1 shows an embodiment of a rut distance adjusting device in a working vehicle according to the present invention. FIG. 1 is an overall front view of a combine, FIG. 2 is a front view of the same, and FIG. Is a front sectional view of the traveling body, FIG. 4 is a schematic side view of the traveling body, and FIG.
FIG. 6 is an explanatory view showing the operation state of the traveling body, FIG. 6 is a vertical cross-sectional view of the drive wheel portion, FIG. 7 is a plan view of a main portion of the traveling body, and FIG. 8 is a drive wheel portion showing the second embodiment. FIG. 9 is a vertical sectional view of the proposed drive wheel portion. In the figure, 1 is a traveling body, 6 and 7 are traveling bodies, 7a is driving wheels,
19 is a transmission case, 19a is a drive shaft, 1
9b is a spline shaft, 21 is an axle, 21d is a spherical outer peripheral surface, 21e is an O-ring, 22 is a case body, 22b is a fixed cylinder body, and 23 is a movable cylinder body.

Claims (1)

[Scope of utility model registration request] 1. A rut distance between left and right traveling bodies can be adjusted steplessly by spline-fitting at least one axle of the left and right crawler-type traveling bodies to an output shaft on the side of the machine body so as to be movable in the left-right direction. In the traveling machine for work as described above, a lubricating oil chamber for the spline fitting portion is provided so as to project from the machine body side, and the output shaft is rotatably supported via a bearing, and The movable cylinder body is fitted to the fixed cylinder body so as to be movable in the axial direction through the seal portion, and the axle is rotatably supported by bearings.
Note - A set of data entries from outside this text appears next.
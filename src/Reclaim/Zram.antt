-- ===== src/Reclaim/Zram.antt =====
-- mgd/src/evictor/compact_zram.rs: zram devices are compacted once the pressure is elevated. What sysfs
-- answers is a parameter.
use lmkd_linux.Prelude.{
  ℕ, ◌-◌, String, Bool, true, false, not, Option, none, some, List, [], ◌∷◌, ltb, unwrap_or,
  if◌then◌else◌,
}
use lmkd_linux.Psi.{PressureLevel, elevated, below}
use lmkd_linux.Config.{CompiledConfig}
use lmkd_linux.Reclaim.{ErrorKind, permission_denied, would_block, not_found, other_error}

-- The used memory of a device before and after, and the result of the compaction.
pub record Sysfs : Type 0 where
  pub zram_devices : List String
  pub used_before : String → Option ℕ
  pub used_after : String → Option ℕ
  pub compact : String → Option ErrorKind
  pub unix_now : ℕ

-- An attempt with the figure that let it pass, what it gained and whether it succeeded.
pub record Compaction : Type 0 where
  pub device : String
  pub before_mb : ℕ
  pub reclaimed_mb : ℕ
  pub outcome : Option ErrorKind

-- `ZRAM_COMPACT_DISABLED`, `LAST_ZRAM_COMPACT`, and the attempts, the newest first.
pub record ZramState : Type 0 where
  pub disabled : Bool
  pub last_zram_compact : ℕ
  pub attempts : List Compaction

unfoldable pub attempted : Sysfs → String → ℕ → ℕ → ZramState → ZramState
attempted fs device before gained s = record s {
  attempts =
      record {
        device = device;
        before_mb = before;
        reclaimed_mb = gained;
        outcome = fs.compact device;
      }
      ∷ s.attempts;
}

-- The state after a compaction, and whether the function returns.
unfoldable pub compacted : Sysfs → String → ℕ → Option ErrorKind → ZramState → ZramState × Bool
compacted fs device before none s =
    let gained = before - unwrap_or (fs.used_after device) before in
    (record (attempted fs device before gained s) { last_zram_compact = fs.unix_now }, false)
compacted fs device before (some permission_denied) s =
    (record (attempted fs device before 0 s) { disabled = true }, true)
compacted fs device before (some would_block) s = (attempted fs device before 0 s, false)
compacted fs device before (some not_found) s = (attempted fs device before 0 s, false)
compacted fs device before (some other_error) s = (attempted fs device before 0 s, false)

-- The turn for one device.
unfoldable pub device_step : Sysfs → ℕ → String → ZramState → ZramState × Bool
device_step fs min_used_mb device s = elim (fs.used_before device) [
  | none ↦ (s, false)
  | some before ↦
      if ltb before min_used_mb
      then (s, false)
      else compacted fs device before (fs.compact device) s
]

unfoldable pub compact_each : Sysfs → ℕ → List String → ZramState → ZramState
compact_each fs min_used_mb [] s = s
compact_each fs min_used_mb (device ∷ devices) s =
    let (next, returns) = device_step fs min_used_mb device s in
    let rest = compact_each fs min_used_mb devices next in if returns then next else rest

unfoldable pub compact_zram : Sysfs → PressureLevel → CompiledConfig → ZramState → ZramState
compact_zram fs level cfg s =
    if below level elevated
    then s
    else if s.disabled
    then s
    else if not cfg.compact_zram_on_elevated
    then s
    else compact_each fs cfg.zram_min_used_mb fs.zram_devices s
Alternatively, at least one of the contact surface portions that do not move in the axial direction of the movable cylinder and the bearing is configured by a spherical seal that absorbs the axial misalignment of the axle with respect to the output shaft while sealing it. For the characteristic work machine Inter-kicking rut distance adjustment device. 2. The rutter distance adjusting device for a working traveling vehicle according to claim 1, wherein the spline fitting portion is configured by a plurality of spline fittings. 3. The rutter distance adjusting device for a traveling machine body for work according to claim 1, wherein the lubricating oil chamber is provided independently of other lubricating parts.